Effects of trp mutations on the light response using ERGs. A–S, Shown are representative ERG traces from the indicated genotypes. Flies were stimulated with a 10 s pulse of light indicated below each trace. A, Control (w¹¹¹⁸); B, trp³⁴³; C, trp⁺ transgene; D, trp^G533A; E, trp^P534A; F, trp^S538A; G, trp^R541A; H, trp^D545A; I, trp^E675A; J, trp^W676A; K, trp^K677A; L, trp^F678A; M, trp^R680A; N, trp^L683A; O, trp^F688A; P, trp^P695A; Q, trp^P697A; R, trp^F698A; S, trp^N699A. A 10 mV and 10 s time marker is shown. T, Time required for 60% return to the baseline (t₆₀). Comparisons are to trp³⁴³. U, Sustained ERG depolarization (mV) at the end of the 10 s light pulse stimulus. V, Time required for 50% return of the ERG response after cessation of the light stimulus (t₅₀). W, Ribbon diagram showing the hydrogen bond (indicated by the arrow) between R541 in the S5px and E675 in TRP box 1. n ≥ 6. Means ± SEM. One-way ANOVA with Holm-Sidak post hoc analyses. **, p < 0.01.

Figure 4.

Spatial localization of mutated TRP channels in photoreceptor cells. A–I, All of the TRP isoforms were fused to GFP and introduced into a trp³⁴³ mutant background. Whole mounts of compound eyes were stained with anti-GFP (green, top rows) and anti-Rh1 (magenta, middle rows), and optical cross-sections of individual ommatidia are shown at the distal regions, which include the R1-6 and R7 cells. Wild type GFP::TRP is localized to the rhabdomeres of all photoreceptor cells, whereas Rh1 is localized to the rhabdomeres of the R1-6 cells. The merge of the anti-GFP and anti-Rh1 staining is shown in the bottom rows. The compound eyes were dissected and stained from the indicated flies. A, Wild-type trp⁺ transgene (sfGFP::TRP). Scale bar, 5 µm for all panels.
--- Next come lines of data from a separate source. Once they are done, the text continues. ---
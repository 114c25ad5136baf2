-- ===== src/Cache/Steps.antt =====
-- Every step of the calls of `Dns::dns_client` of src/dns/mod.rs keeps the invariant, and what
-- follows for a run.
use mathlib.Core.Path.{subst}
use mathlib.Core.Option.{some-injective}
use nu_plugin_dns.Prelude.{ℕ, suc, List, [], ◌∷◌, Option, none, some, Option-cases, inl, inr}
use nu_plugin_dns.Prelude.{◌≡◌, refl, sym, ap, ◌∙◌, arith}
use nu_plugin_dns.Prelude.Outcome.{Res, ok, err, panic}
use nu_plugin_dns.Nu.{LabeledError}
use nu_plugin_dns.Cache.{
  Point, reading, waiting, making, dropped, done, Event, read, lock, made, timeout, State, at_call,
  do_read, do_lock, do_made, do_timeout, step, run, initial,
}
use nu_plugin_dns.Cache.Shared.{
  IsShared, Counts, Fits, initial-IsShared, at_call-Fits, Fits-lock, Fits-release, Fits-cache,
  Counts-free, look-Fits, moved-IsShared, released-IsShared,
}

module _ {Client : Type 0} where
  -- The invariant at the writer that the state has.
  with_writer :
      (s : State Client) (w : Option ℕ)
      → s.writer ≡ w
      → IsShared s
      → IsShared (record s { writer = w })
  with_writer s w e i = subst (λ v. IsShared (record s { writer = v })) e i

  do_read-IsShared :
      (t : ℕ) (s : State Client) (p : Point Client) (w : Option ℕ) {s' : State Client}
      → do_read t s p w ≡ some s'
      → IsShared s
      → IsShared s'
  unfolding do_read
  do_read-IsShared t s reading none e i =
      subst IsShared (some-injective _ _ e)
        (moved-IsShared s.cached s.calls s.count t s.writer _ i (look-Fits s.cached s.writer t))
  do_read-IsShared t s reading (some u) e i = cc
  do_read-IsShared t s waiting _ e i = cc
  do_read-IsShared t s making _ e i = cc
  do_read-IsShared t s dropped _ e i = cc
  do_read-IsShared t s (done _) _ e i = cc

  -- The write lock is taken only to make a client, so nothing is cached.
  locked-IsShared :
      (cached : Option Client) (calls : ℕ → Point Client) (count t : ℕ)
      → cached ≡ none
      → IsShared (record { cached = cached; writer = none; calls = calls; count = count })
      → IsShared (record {
        cached = cached;
        writer = some t;
        calls = at_call t making calls;
        count = count;
      })
  locked-IsShared none calls count t e i = record {
    fits =
        at_call-Fits none (some t) t making calls refl
          (λ u _. Fits-lock none t u (calls u) (i.fits u));
    counts = i.counts;
  }
  locked-IsShared (some c) calls count t e i = cc

  do_lock-IsShared :
      (t : ℕ) (s : State Client) (p : Point Client) (w : Option ℕ) {s' : State Client}
      → s.writer ≡ w
      → do_lock t s p w ≡ some s'
      → IsShared s
      → IsShared s'
  unfolding do_lock
  do_lock-IsShared t s waiting none free e i = elim (Option-cases s.cached) [
    | inl empty ↦
        subst IsShared (some-injective _ _ (rw (empty, do_lock) at e))
          (locked-IsShared s.cached s.calls s.count t empty (with_writer s none free i))
    | inr (c, full) ↦
        subst IsShared (some-injective _ _ (rw (full, do_lock) at e))
          (moved-IsShared s.cached s.calls s.count t s.writer _ i full)
  ]
  do_lock-IsShared t s waiting (some u) free e i = cc
  do_lock-IsShared t s reading _ free e i = cc
  do_lock-IsShared t s making _ free e i = cc
  do_lock-IsShared t s dropped _ free e i = cc
  do_lock-IsShared t s (done _) _ free e i = cc

  made-IsShared :
      (cached : Option Client) (calls : ℕ → Point Client) (count t : ℕ) (c : Client)
      → cached ≡ none
      → IsShared (record { cached = cached; writer = some t; calls = calls; count = count })
      → IsShared (record {
        cached = some c;
        writer = none;
        calls = at_call t (done (ok c)) calls;
        count = suc count;
      })
  made-IsShared none calls count t c e i = record {
    fits =
        at_call-Fits (some c) none t (done (ok c)) calls refl
          (λ u ne. Fits-cache c none u (calls u) (Fits-release none t u (calls u) ne (i.fits u)));
    counts = (ap suc i.counts, refl);
  }
  made-IsShared (some d) calls count t c e i = cc

  -- A call that makes a client holds the lock.
  holds : (t : ℕ) (s : State Client) → s.calls t ≡ making → IsShared s → s.writer ≡ some t
  holds t s at i = subst (Fits s.cached s.writer t) at (i.fits t)

  free-of-held : (t : ℕ) (s : State Client) → s.writer ≡ some t → IsShared s → s.cached ≡ none
  free-of-held t s held i = Counts-free s.cached t s.count (with_writer s (some t) held i).counts

  do_made-IsShared :
      (t : ℕ) (s : State Client) (p : Point Client) (result : Res LabeledError Client)
      {s' : State Client}
      → s.calls t ≡ p
      → do_made t s p result ≡ some s'
      → IsShared s
      → IsShared s'
  unfolding do_made
  do_made-IsShared t s making (ok c) at e i =
      let held = holds t s at i in
      subst IsShared (some-injective _ _ e) (
        made-IsShared s.cached s.calls s.count t c (free-of-held t s held i)
          (with_writer s (some t) held i))
  do_made-IsShared t s making (err x) at e i = subst IsShared (some-injective _ _ e) (
      released-IsShared s.cached s.calls s.count t _ (with_writer s (some t) (holds t s at i) i) tt)
  do_made-IsShared t s making (panic x) at e i = subst IsShared (some-injective _ _ e) (
      released-IsShared s.cached s.calls s.count t _ (with_writer s (some t) (holds t s at i) i) tt)
  do_made-IsShared t s reading _ at e i = cc
  do_made-IsShared t s waiting _ at e i = cc
  do_made-IsShared t s dropped _ at e i = cc
  do_made-IsShared t s (done _) _ at e i = cc

  do_timeout-IsShared :
      (t : ℕ) (s : State Client) (p : Point Client) {s' : State Client}
      → s.calls t ≡ p
      → do_timeout t s p ≡ some s'
      → IsShared s
      → IsShared s'
  unfolding do_timeout
  do_timeout-IsShared t s reading at e i =
      subst IsShared (some-injective _ _ e)
        (moved-IsShared s.cached s.calls s.count t s.writer dropped i tt)
  do_timeout-IsShared t s waiting at e i =
      subst IsShared (some-injective _ _ e)
        (moved-IsShared s.cached s.calls s.count t s.writer dropped i tt)
  do_timeout-IsShared t s making at e i = subst IsShared (some-injective _ _ e) (
      released-IsShared s.cached s.calls s.count t dropped
        (with_writer s (some t) (holds t s at i) i) tt)
  do_timeout-IsShared t s dropped at e i = cc
  do_timeout-IsShared t s (done _) at e i = cc

  step-IsShared :
      (e : Event Client) (s : State Client) {s' : State Client}
      → step e s ≡ some s'
      → IsShared s
      → IsShared s'
  unfolding step
  step-IsShared (read t) s e i = do_read-IsShared t s (s.calls t) s.writer e i
  step-IsShared (lock t) s e i = do_lock-IsShared t s (s.calls t) s.writer refl e i
  step-IsShared (made t result) s e i = do_made-IsShared t s (s.calls t) result refl e i
  step-IsShared (timeout t) s e i = do_timeout-IsShared t s (s.calls t) refl e i

  -- Every run of events from a state with the invariant ends in one with it: each call that was
  -- given a client was given the cached one, a call that makes a client holds the lock, the lock
  -- is held only while nothing is cached, and what is cached is the one client that was made.
  pub run-IsShared :
      (es : List (Event Client)) (s : State Client) {s' : State Client}
      → run es s ≡ some s'
      → IsShared s
      → IsShared s'
  unfolding run
  run-IsShared [] s e i = subst IsShared (some-injective _ _ e) i
  run-IsShared (ev ∷ es) s e i = elim (Option-cases (step ev s)) [
    | inl stuck ↦ absurd (ground arith)
    | inr (s₁, next) ↦ run-IsShared es s₁ (rw (next, run) at e) (step-IsShared ev s next i)
  ]

  -- However the calls interleave, time out or fail to connect: two calls that were given clients
  -- were given the same one, and it is the only one that was made.
  pub run_shared :
      (es : List (Event Client)) {s : State Client} (t u : ℕ) (c d : Client)
      → run es initial ≡ some s
      → s.calls t ≡ done (ok c)
      → s.calls u ≡ done (ok d)
      → (c ≡ d) × (s.count ≡ 1)
  run_shared es {s} t u c d e p q =
      let i = run-IsShared es initial e initial-IsShared in
      let at_t = subst (Fits s.cached s.writer t) p (i.fits t) in
      let at_u = subst (Fits s.cached s.writer u) q (i.fits u) in
      (
        some-injective c d (sym at_t ∙ at_u),
        (subst (λ o. Counts o s.writer s.count) at_t i.counts).0,
      )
B–I, B, trp^P534A; C, trp^S538A; D, trp^R541A; E, trp^E675A; F, trp^K677A; G, trp^R680A; H, trp^L683A; I, trp^F688A. J, Ribbon diagram indicating the side chains and the hydrogen bond (indicated by the arrow) between residues R680, which is localized to the TRP domain, and Q311, which is in the helix-loop-helix.

Figure 5.

Testing trp mutants for dominant ERG phenotypes. A, Flies contained two copies of wild-type transgene (trp⁺) in a trp³⁴³ background. B–H, All flies contained one copy of the indicated transgenes with alanine substitutions and one copy of wild-type transgene (trp⁺) in a trp³⁴³ background. B, trp^P534A; C, trp^S538A; D, trp^R541A; E, trp^E675A; F, trp^K677A; G, trp^L683A; H, trp^F688A. Flies were stimulated with a 10 s pulse of light indicated below each trace. I, Time required for the trp^R541A/trp⁺ ERG to display a 60% return to the baseline (t₆₀). J, Amplitude of sustained ERG responses at the end of the 10 s light stimulus. K, Time required for 50% return of the ERG response after cessation of the light stimulus (t₅₀). n ≥ 6. Means ± SEM.

Figure 6.

Suppression of trp ERG phenotypes in trans-heterozygous flies. Top row and left column indicate the two corresponding mutations analyzed in the trans-heterozygous combinations. Flies were stimulated with a 10 s pulse of light indicated below each trace. The ERG traces are shown in the corresponding boxes.

Figure 7.

Quantification of ERGs of trans-heterozygous flies, shown in Figure 6. A, Quantification of the time required for 60% return to the baseline (t₆₀) of the indicated trans-heterozygous combinations. Comparisons are to trp³⁴³. B, Amplitude of sustained depolarization responses at the end of the 10 s light stimulus. C, Time required for 50% return of the ERG response after cessation of the light stimulus (t₅₀). n ≥ 6. Means ± SEM. D, The backbones and side chains of L535 to R541 showing local hydrogen bonds between these residues, indicated by arrows.